-- Data for processing --
┄┄┄┄┄┄

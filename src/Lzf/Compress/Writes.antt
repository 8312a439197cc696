-- ===== src/Lzf/Compress/Writes.antt =====
-- What the branch of a match writes, and what `rehash` does.
use golly.Base.{
  ℕ, ◌+◌, ◌-◌, ◌*◌, ◌/◌, ◌%◌, ◌<◌, true, false, inl, inr, Bool-cases, [], ◌∷◌, ◌++◌, append_assoc,
  append-nil, ◌≡◌, refl, sym, ap, ◌∙◌, arith, Bytes, IsBytes, ltb, ◌==◌, ==_iff, if◌then◌else◌,
}
use mathlib.Core.Path.{subst}
use golly.Base.Calls.{ok, Fuel, write_at}
use golly.Base.Lists.{length, length-append, take}
use golly.Lzf.Decode.{IsBytes-right}
use golly.Lzf.Compress.{close_literal, write_length}
use golly.Lzf.Compress.Buffer.{front, put_front, put_behind, IsBytes-take, IsBytes-append}
use golly.Lzf.Compress.Stream.{Decodes, Decodes-literal, reference_bytes}
use golly.Lzf.Compress.Steps.{Inv, parts}

-- The output where no slot is kept: the piece `enc`, and the room behind it.
pub record Open (input output : Bytes) (iidx oidx : ℕ) : Type 0 where
  pub enc : Bytes
  pub room : Bytes
  pub laid : output ≡ front (enc ++ room)
  pub place : oidx ≡ 4 + length enc
  pub total : length enc + length room ≡ length input
  pub decodes : Decodes (length input) enc (take iidx input)
  pub are_bytes : IsBytes enc

abbrev pub oidx_closed : ℕ → ℕ → ℕ
oidx_closed oidx literal = if literal == 0 then oidx - 1 else oidx

closed :
    (input output : Bytes) (iidx oidx literal : ℕ) (inv : Inv input output iidx oidx literal)
    → close_literal output oidx literal
      ≡ ok (front (inv.enc ++ ((literal + 255) % 256) ∷ (inv.lits ++ inv.room)))
closed input output iidx oidx literal inv =
    ap (λ b. close_literal b oidx literal) inv.laid
    ∙ put_front inv.enc inv.slot (inv.lits ++ inv.room) (oidx - literal - 1) ((literal + 255) % 256)
        (omega (arith, inv.place, inv.count))

nothing : (xs : Bytes) → length xs ≡ 0 → xs ≡ []
nothing [] h = refl
nothing (x ∷ xs) h = absurd (omega arith)

unfoldable pub Closes : Bytes → Bytes → ℕ → ℕ → ℕ → Type 0
Closes input output iidx oidx literal =
    (output' : Bytes) × (close_literal output oidx literal ≡ ok output')
    × Open input output' iidx (oidx_closed oidx literal)

closed_none :
    (input output : Bytes) (iidx oidx literal : ℕ)
    → Inv input output iidx oidx literal
    → (literal == 0) ≡ true
    → Closes input output iidx oidx literal
unfolding Closes
closed_none input output iidx oidx literal inv t =
    let none_left : literal ≡ 0 = (==_iff literal 0).0 t in
    let c : ℕ = (literal + 255) % 256 in
    let l : inv.lits ≡ [] = nothing inv.lits (sym inv.count ∙ none_left) in
    let q : take iidx input ≡ inv.done =
      inv.taken ∙ ap (λ z. inv.done ++ z) l ∙ append-nil inv.done in
    (
      front (inv.enc ++ c ∷ (inv.lits ++ inv.room)),
      closed input output iidx oidx literal inv,
      record {
        enc = inv.enc;
        room = c ∷ (inv.lits ++ inv.room);
        laid = refl;
        place = rw t (omega (arith, inv.place, inv.count));
        total = omega (arith, inv.total, length-append inv.lits inv.room);
        decodes = subst (Decodes (length input) inv.enc) (sym q) inv.decodes;
        are_bytes = inv.are_bytes;
      },
    )

closed_some :
    (input output : Bytes) (iidx oidx literal : ℕ)
    → IsBytes input
    → Inv input output iidx oidx literal
    → (literal == 0) ≡ false
    → Closes input output iidx oidx literal
unfolding Closes
closed_some input output iidx oidx literal all_bytes inv t =
    let left : 0 < literal = ground arith in
    let c : ℕ = (literal + 255) % 256 in
    let q : (length inv.lits + 255) % 256 ≡ c = omega (arith, inv.count) in
    let e : length (inv.enc ++ c ∷ inv.lits) ≡ length inv.enc + 1 + length inv.lits =
      length-append inv.enc (c ∷ inv.lits) ∙ omega arith in
    let b : IsBytes inv.lits =
      IsBytes-right inv.done inv.lits
        (subst IsBytes inv.taken (IsBytes-take input iidx all_bytes)) in
    let d : Decodes (length input) (inv.enc ++ ((length inv.lits + 255) % 256) ∷ inv.lits)
        (inv.done ++ inv.lits) =
      Decodes-literal (length input) inv.enc inv.done inv.lits inv.decodes
        (omega (arith, inv.count)) (omega (arith, inv.few))
        (omega (arith, parts inv, inv.within)) in
    (
      front (inv.enc ++ c ∷ (inv.lits ++ inv.room)),
      closed input output iidx oidx literal inv,
      record {
        enc = inv.enc ++ c ∷ inv.lits;
        room = inv.room;
        laid = ap front (sym (append_assoc inv.enc (c ∷ inv.lits) inv.room));
        place = rw t (omega (arith, inv.place));
        total = omega (arith, inv.total);
        decodes =
            subst (λ m. Decodes (length input) (inv.enc ++ m ∷ inv.lits) (take iidx input)) q
              (subst
                (Decodes (length input) (inv.enc ++ ((length inv.lits + 255) % 256) ∷ inv.lits))
                (sym inv.taken) d);
        are_bytes = IsBytes-append inv.enc (c ∷ inv.lits) inv.are_bytes (omega arith, b);
      },
    )

-- `close_literal`, and the slot given back where no literal waits.
pub close-Open :
    (input output : Bytes) (iidx oidx literal : ℕ)
    → IsBytes input
    → Inv input output iidx oidx literal
    → Closes input output iidx oidx literal
close-Open input output iidx oidx literal all_bytes inv = elim (Bool-cases (literal == 0)) [
  | inl t ↦ closed_none input output iidx oidx literal inv t
  | inr t ↦ closed_some input output iidx oidx literal all_bytes inv t
]

-- The output behind the bytes of a reference.
pub write-reference_bytes :
    (enc : Bytes) (x y z : ℕ) (room : Bytes) (oidx offset n : ℕ)
    → oidx ≡ 4 + length enc
    → (w : Bytes × ℕ) × (write_length (front (enc ++ x ∷ y ∷ z ∷ room)) oidx offset n ≡ ok w)
      × (rest : Bytes) × (write_at {E = Fuel} w.0 w.1 (offset % 256)
          ≡ ok (front ((enc ++ reference_bytes offset n) ++ rest)))
      × (w.1 + 1 ≡ 4 + length (enc ++ reference_bytes offset n))
      × (length (reference_bytes offset n) + length rest ≡ 3 + length room)
unfolding write_length
write-reference_bytes enc x y z room oidx offset n h = elim (Bool-cases (ltb n 7)) [
  | inl t ↦
      let p : ℕ = (offset / 256 + n * 32) % 256 in
      let q : ℕ = offset % 256 in
      let l : length (enc ++ p ∷ q ∷ []) ≡ length enc + 2 = length-append enc (p ∷ q ∷ []) in
      (
        (front (enc ++ p ∷ y ∷ z ∷ room), oidx + 1),
        rw (t, put_front enc x (y ∷ z ∷ room) oidx p h) refl,
        z ∷ room,
        rw t (
            put_behind enc p [] y (z ∷ room) (oidx + 1) q (omega arith)
            ∙ ap (λ b. ok (front b)) (sym (append_assoc enc (p ∷ q ∷ []) (z ∷ room)))),
        rw t (omega arith),
        rw t (omega arith),
      )
  | inr t ↦
      let p : ℕ = (offset / 256 + 7 * 32) % 256 in
      let m : ℕ = (n - 7) % 256 in
      let q : ℕ = offset % 256 in
      let l : length (enc ++ p ∷ m ∷ q ∷ []) ≡ length enc + 3 =
        length-append enc (p ∷ m ∷ q ∷ []) in
      (
        (front (enc ++ p ∷ m ∷ z ∷ room), oidx + 2),
        rw
            (
              t,
              put_front enc x (y ∷ z ∷ room) oidx p h,
              put_behind enc p [] y (z ∷ room) (oidx + 1) m (omega arith),
            )
            refl,
        room,
        rw t (
            put_behind enc p (m ∷ []) z room (oidx + 2) q (omega arith)
            ∙ ap (λ b. ok (front b)) (sym (append_assoc enc (p ∷ m ∷ q ∷ []) room))),
        rw t (omega arith),
        rw t (omega arith),
      )
]
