-- ===== src/Lzf/Compress/Matches.antt =====
-- What the test for a match and the loop that extends it find.
use golly.Base.{
  ℕ, zero, suc, ◌+◌, ◌-◌, ◌≤◌, ◌<◌, Bool, true, false, ◌&&◌, inl, inr, Bool-cases, [], ◌∷◌, ◌++◌,
  ◌≡◌, refl, sym, ap, ◌∙◌, arith, Bytes, ltb, leb, leb→lt, ◌==◌, ==_iff,
}
use golly.Base.Calls.{read_at-get_or, ok}
use golly.Base.Lists.{length, length-take, take, get_or}
use golly.Lzf.Format.{repeated}
use golly.Lzf.Compress.{is_match, same_at, extend, max_offset}
use golly.Lzf.Compress.Buffer.{take-snoc, get_or-take}

-- The bytes at `p` and at `q` are there, and the same, as far as `n` bytes on.
pub Same : Bytes → ℕ → ℕ → ℕ → Type 0
Same input p q n = (k : ℕ) → k < n → get_or input (p + k) 0 ≡ get_or input (q + k) 0

same_at_lem :
    (input : Bytes) (p q : ℕ)
    → p < length input
    → q < length input
    → same_at input p q ≡ ok (get_or input p 0 == get_or input q 0)
unfolding same_at
same_at_lem input p q h k = rw (read_at-get_or input p 0 h, read_at-get_or input q 0 k) refl

Same-three :
    (input : Bytes) (p q : ℕ)
    → get_or input p 0 ≡ get_or input q 0
    → get_or input (p + 1) 0 ≡ get_or input (q + 1) 0
    → get_or input (p + 2) 0 ≡ get_or input (q + 2) 0
    → Same input p q 3
unfolding Same
Same-three input p q a b c zero h =
    let e : p + 0 ≡ p = omega arith in let f : q + 0 ≡ q = omega arith in rw (e, f) a
Same-three input p q a b c (suc zero) h = b
Same-three input p q a b c (suc (suc zero)) h = c
Same-three input p q a b c (suc (suc (suc k))) h = absurd (omega arith)

Same-suc :
    (input : Bytes) (p q n : ℕ)
    → Same input p q n
    → get_or input (p + n) 0 ≡ get_or input (q + n) 0
    → Same input p q (n + 1)
unfolding Same
Same-suc input p q n same e k h = elim (Bool-cases (k == n)) [
  | inl t ↦ let q' : k ≡ n = (==_iff k n).0 t in rw q' e
  | inr t ↦ same k (ground arith)
]

-- What `is_match` makes sure of.
pub record Found (input : Bytes) (iidx backref : ℕ) : Type 0 where
  pub near : iidx < backref + 1 + max_offset
  pub inside : iidx + 4 < length input
  pub behind : 0 < backref
  pub same : Same input backref iidx 3

unfoldable pub Tests : Bytes → ℕ → ℕ → Bool → Type 0
Tests input iidx backref true = Found input iidx backref
Tests input iidx backref false = Unit

pub is_match-Tests :
    (input : Bytes) (iidx backref : ℕ)
    → (0 < backref → backref < iidx)
    → (b : Bool) × (is_match input iidx backref ≡ ok b) × Tests input iidx backref b
unfolding is_match Tests Same
is_match-Tests input iidx backref older =
    elim (Bool-cases
      (ltb iidx (backref + 1 + max_offset) && (ltb (iidx + 4) (length input) && ltb 0 backref))) [
        | inr e ↦ (false, rw e refl, tt)
        | inl e ↦
            let near : iidx < backref + 1 + max_offset = ground arith in
            let inside : iidx + 4 < length input = ground arith in
            let behind : 0 < backref = ground arith in
            let o : backref < iidx = older behind in
            let s0 = same_at_lem input backref iidx (omega arith) (omega arith) in
            let s1 = same_at_lem input (backref + 1) (iidx + 1) (omega arith) (omega arith) in
            let s2 = same_at_lem input (backref + 2) (iidx + 2) (omega arith) (omega arith) in
            elim (Bool-cases (get_or input backref 0 == get_or input iidx 0)) [
              | inr t0 ↦ (false, rw (e, s0, t0) refl, tt)
              | inl t0 ↦
                  elim (Bool-cases (get_or input (backref + 1) 0 == get_or input (iidx + 1) 0)) [
                    | inr t1 ↦ (false, rw (e, s0, t0, s1, t1) refl, tt)
                    | inl t1 ↦
                        elim (Bool-cases
                          (get_or input (backref + 2) 0 == get_or input (iidx + 2) 0)) [
                            | inr t2 ↦ (false, rw (e, s0, t0, s1, t1, s2, t2) refl, tt)
                            | inl t2 ↦ (
                              true,
                              rw (e, s0, t0, s1, t1, s2, t2) refl,
                              record {
                                near = near;
                                inside = inside;
                                behind = behind;
                                same =
                                    Same-three input backref iidx ((==_iff _ _).0 t0)
                                      ((==_iff _ _).0 t1) ((==_iff _ _).0 t2);
                              },
                            )
                          ]
                  ]
            ]
      ]

-- The length that `extend` finds: as far as the bytes are the same, or the longest allowed.
pub extend-Same :
    (fuel : ℕ) (input : Bytes) (max backref iidx n : ℕ)
    → backref < iidx
    → iidx + max < length input
    → n < max
    → max ≤ n + fuel
    → Same input backref iidx (n + 1)
    → (m : ℕ) × (extend fuel input max backref iidx n ≡ ok m)
      × n < m
      × m ≤ max
      × Same input backref iidx m
unfolding extend
extend-Same zero input max backref iidx n o i h f same = absurd (omega arith)
extend-Same (suc fuel) input max backref iidx n o i h f same = elim (Bool-cases (leb max (n + 1))) [
  | inl e ↦ (n + 1, rw (e, extend) refl, omega arith, omega arith, same)
  | inr e ↦
      let l : n + 1 < max = leb→lt max (n + 1) e in
      let s = same_at_lem input (backref + (n + 1)) (iidx + (n + 1)) (omega arith) (omega arith) in
      elim (Bool-cases (get_or input (backref + (n + 1)) 0 == get_or input (iidx + (n + 1)) 0)) [
        | inr t ↦ (n + 1, rw (e, extend, s, t) refl, omega arith, omega arith, same)
        | inl t ↦
            let (m, r, a, b, c) =
              extend-Same fuel input max backref iidx (n + 1) o i l (omega arith)
                (Same-suc input backref iidx (n + 1) same ((==_iff _ _).0 t)) in
            (m, rw (e, extend, s, t) r, omega arith, b, c)
      ]
]

later :
    (n : ℕ) (input : Bytes) (d i : ℕ)
    → d ≤ i
    → Same input (i - d) i n
    → (k : ℕ) → suc k < n
    → get_or input (suc i - d + k) 0 ≡ get_or input (suc i + k) 0
unfolding Same
later n input d i h same k l =
    ap (λ m. get_or input m 0) (omega arith)
    ∙ same (suc k) l
    ∙ ap (λ m. get_or input m 0) (omega arith)

-- A reference at the distance of the match gives the bytes of the input that matched.
pub repeated-Same :
    (n d i : ℕ) (input : Bytes)
    → 0 < d
    → d ≤ i
    → i + n ≤ length input
    → Same input (i - d) i n
    → repeated n d (take i input) ≡ take (i + n) input
unfolding Same
repeated-Same zero d i input p h l same = let e : i + 0 ≡ i = omega arith in rw e refl
repeated-Same (suc n) d i input p h l same =
    let li : length (take i input) ≡ i = omega (arith, length-take i input) in
    let g : get_or (take i input) (length (take i input) - d) 0 ≡ get_or input i 0 =
      ap (λ m. get_or (take i input) (m - d) 0) li
      ∙ get_or-take input i (i - d) (omega arith) (omega arith)
      ∙ ap (λ m. get_or input m 0) (omega arith)
      ∙ same 0 (omega arith)
      ∙ ap (λ m. get_or input m 0) (omega arith) in
    let grown : take i input ++ get_or (take i input) (length (take i input) - d) 0 ∷ []
        ≡ take (suc i) input =
      ap (λ b. take i input ++ b ∷ []) g ∙ sym (take-snoc input i (omega arith)) in
    ap (repeated n d) grown
    ∙ repeated-Same n d (suc i) input p (omega arith) (omega arith)
        (λ k h'. later (suc n) input d i h same k (omega arith))
    ∙ ap (λ m. take m input) (omega arith)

┄┄┄┄┄┄

-- Goal of the exercise --
Output exactly the lines of the data that run from the one containing "p (omega arith) (omega arith)" to the very last line, and no others.

-- Solution for this problem --
    ∙ repeated-Same n d (suc i) input p (omega arith) (omega arith)
        (λ k h'. later (suc n) input d i h same k (omega arith))
    ∙ ap (λ m. take m input) (omega arith)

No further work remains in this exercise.